TASK OBJECTIVE: From the listing below, copy only the lines from the line that contains "abbrev unknown : IpStats ℕ ℕ Bytes" to the line that contains "ℕ). e.1.details.app) history.clients)", counting those two lines as part of the copy.

::::::

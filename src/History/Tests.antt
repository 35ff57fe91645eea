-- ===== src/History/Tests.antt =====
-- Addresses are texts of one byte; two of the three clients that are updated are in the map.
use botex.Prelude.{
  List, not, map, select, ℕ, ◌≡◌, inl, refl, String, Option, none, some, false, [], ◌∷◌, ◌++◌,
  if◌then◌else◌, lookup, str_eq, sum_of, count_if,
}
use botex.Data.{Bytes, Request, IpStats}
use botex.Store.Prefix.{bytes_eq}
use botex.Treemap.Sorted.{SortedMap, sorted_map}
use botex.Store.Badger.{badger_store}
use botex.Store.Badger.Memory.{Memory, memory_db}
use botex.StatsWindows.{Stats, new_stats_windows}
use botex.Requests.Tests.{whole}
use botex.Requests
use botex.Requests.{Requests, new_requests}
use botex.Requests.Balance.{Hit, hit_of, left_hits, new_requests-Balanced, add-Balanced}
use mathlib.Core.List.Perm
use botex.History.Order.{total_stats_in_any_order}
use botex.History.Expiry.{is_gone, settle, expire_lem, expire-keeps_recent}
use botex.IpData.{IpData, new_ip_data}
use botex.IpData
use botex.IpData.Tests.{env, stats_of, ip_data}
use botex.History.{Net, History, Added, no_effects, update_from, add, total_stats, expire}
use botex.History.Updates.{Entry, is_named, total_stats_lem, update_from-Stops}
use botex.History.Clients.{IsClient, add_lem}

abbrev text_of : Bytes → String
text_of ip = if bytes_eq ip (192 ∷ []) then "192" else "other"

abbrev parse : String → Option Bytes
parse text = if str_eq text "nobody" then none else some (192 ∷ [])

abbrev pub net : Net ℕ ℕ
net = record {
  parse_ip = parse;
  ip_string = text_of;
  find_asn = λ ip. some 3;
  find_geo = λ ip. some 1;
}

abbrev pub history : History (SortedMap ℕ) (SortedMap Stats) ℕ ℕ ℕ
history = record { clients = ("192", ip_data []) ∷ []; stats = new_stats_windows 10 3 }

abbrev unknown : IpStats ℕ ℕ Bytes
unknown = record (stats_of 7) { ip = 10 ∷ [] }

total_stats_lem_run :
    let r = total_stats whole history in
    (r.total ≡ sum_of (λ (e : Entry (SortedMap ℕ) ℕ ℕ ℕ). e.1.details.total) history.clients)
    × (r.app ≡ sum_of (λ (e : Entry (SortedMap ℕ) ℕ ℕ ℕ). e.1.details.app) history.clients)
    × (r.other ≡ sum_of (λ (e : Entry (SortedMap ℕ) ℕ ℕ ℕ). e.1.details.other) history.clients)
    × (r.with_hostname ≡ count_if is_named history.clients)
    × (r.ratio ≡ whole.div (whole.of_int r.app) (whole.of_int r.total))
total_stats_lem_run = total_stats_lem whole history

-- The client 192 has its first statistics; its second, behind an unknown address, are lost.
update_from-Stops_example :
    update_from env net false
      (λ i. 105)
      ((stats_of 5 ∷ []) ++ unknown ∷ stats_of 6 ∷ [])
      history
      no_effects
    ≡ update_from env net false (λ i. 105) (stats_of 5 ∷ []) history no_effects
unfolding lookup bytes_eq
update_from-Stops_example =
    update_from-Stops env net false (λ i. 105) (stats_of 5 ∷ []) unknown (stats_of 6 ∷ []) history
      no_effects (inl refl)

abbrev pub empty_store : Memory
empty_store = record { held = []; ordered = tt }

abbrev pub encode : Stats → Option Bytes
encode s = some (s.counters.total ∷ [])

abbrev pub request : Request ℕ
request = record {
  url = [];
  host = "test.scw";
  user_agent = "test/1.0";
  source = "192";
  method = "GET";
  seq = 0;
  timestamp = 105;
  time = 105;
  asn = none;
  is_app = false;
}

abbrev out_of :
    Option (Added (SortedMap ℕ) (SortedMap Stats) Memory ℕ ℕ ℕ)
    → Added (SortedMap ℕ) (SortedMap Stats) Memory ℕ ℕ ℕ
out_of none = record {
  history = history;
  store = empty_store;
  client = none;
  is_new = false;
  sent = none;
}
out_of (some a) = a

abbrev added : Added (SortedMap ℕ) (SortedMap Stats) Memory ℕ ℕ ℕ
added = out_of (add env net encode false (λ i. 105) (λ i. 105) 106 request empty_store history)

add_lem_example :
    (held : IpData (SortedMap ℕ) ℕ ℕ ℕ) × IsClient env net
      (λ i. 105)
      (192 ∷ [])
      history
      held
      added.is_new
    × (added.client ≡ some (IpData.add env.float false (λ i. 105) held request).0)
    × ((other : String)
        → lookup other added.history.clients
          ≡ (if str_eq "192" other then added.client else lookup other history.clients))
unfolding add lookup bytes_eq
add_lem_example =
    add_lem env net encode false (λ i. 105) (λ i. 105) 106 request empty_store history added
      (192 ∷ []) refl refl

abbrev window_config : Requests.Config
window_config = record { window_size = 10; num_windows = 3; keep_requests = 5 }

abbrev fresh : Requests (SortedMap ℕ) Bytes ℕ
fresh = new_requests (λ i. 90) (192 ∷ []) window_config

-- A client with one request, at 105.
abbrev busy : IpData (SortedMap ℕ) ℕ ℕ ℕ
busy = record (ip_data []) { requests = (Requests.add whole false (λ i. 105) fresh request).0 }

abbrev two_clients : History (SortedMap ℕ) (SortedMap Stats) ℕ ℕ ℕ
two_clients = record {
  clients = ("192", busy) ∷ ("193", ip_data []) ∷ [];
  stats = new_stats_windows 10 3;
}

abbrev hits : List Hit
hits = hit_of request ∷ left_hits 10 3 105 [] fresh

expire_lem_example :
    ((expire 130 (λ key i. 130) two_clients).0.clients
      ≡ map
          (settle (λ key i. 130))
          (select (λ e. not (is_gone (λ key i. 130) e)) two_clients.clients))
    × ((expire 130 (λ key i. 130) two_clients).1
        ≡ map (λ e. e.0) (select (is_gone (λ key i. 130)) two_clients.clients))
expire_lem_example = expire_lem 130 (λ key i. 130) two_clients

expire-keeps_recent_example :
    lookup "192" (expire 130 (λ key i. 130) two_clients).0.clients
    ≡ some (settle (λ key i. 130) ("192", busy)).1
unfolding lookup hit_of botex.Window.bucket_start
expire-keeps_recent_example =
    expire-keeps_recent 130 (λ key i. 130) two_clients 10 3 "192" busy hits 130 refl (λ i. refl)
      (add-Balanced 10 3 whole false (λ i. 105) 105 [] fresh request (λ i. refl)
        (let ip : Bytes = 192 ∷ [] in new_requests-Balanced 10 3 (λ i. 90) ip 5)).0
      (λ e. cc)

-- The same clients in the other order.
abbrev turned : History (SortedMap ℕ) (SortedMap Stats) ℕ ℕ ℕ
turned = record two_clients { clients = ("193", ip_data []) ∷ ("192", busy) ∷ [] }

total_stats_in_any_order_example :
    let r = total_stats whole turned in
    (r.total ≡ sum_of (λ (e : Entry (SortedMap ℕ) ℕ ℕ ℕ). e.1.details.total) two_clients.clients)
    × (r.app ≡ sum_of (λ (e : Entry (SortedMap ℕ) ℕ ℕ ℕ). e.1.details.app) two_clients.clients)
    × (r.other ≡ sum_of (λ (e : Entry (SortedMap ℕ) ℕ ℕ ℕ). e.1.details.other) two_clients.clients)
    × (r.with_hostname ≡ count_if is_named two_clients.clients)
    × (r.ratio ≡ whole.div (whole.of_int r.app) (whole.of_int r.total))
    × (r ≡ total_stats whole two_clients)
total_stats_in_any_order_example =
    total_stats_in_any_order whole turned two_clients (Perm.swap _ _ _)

::::::

RESPONSE TO THIS EXERCISE:
abbrev unknown : IpStats ℕ ℕ Bytes
unknown = record (stats_of 7) { ip = 10 ∷ [] }

total_stats_lem_run :
    let r = total_stats whole history in
    (r.total ≡ sum_of (λ (e : Entry (SortedMap ℕ) ℕ ℕ ℕ). e.1.details.total) history.clients)
    × (r.app ≡ sum_of (λ (e : Entry (SortedMap ℕ) ℕ ℕ ℕ). e.1.details.app) history.clients)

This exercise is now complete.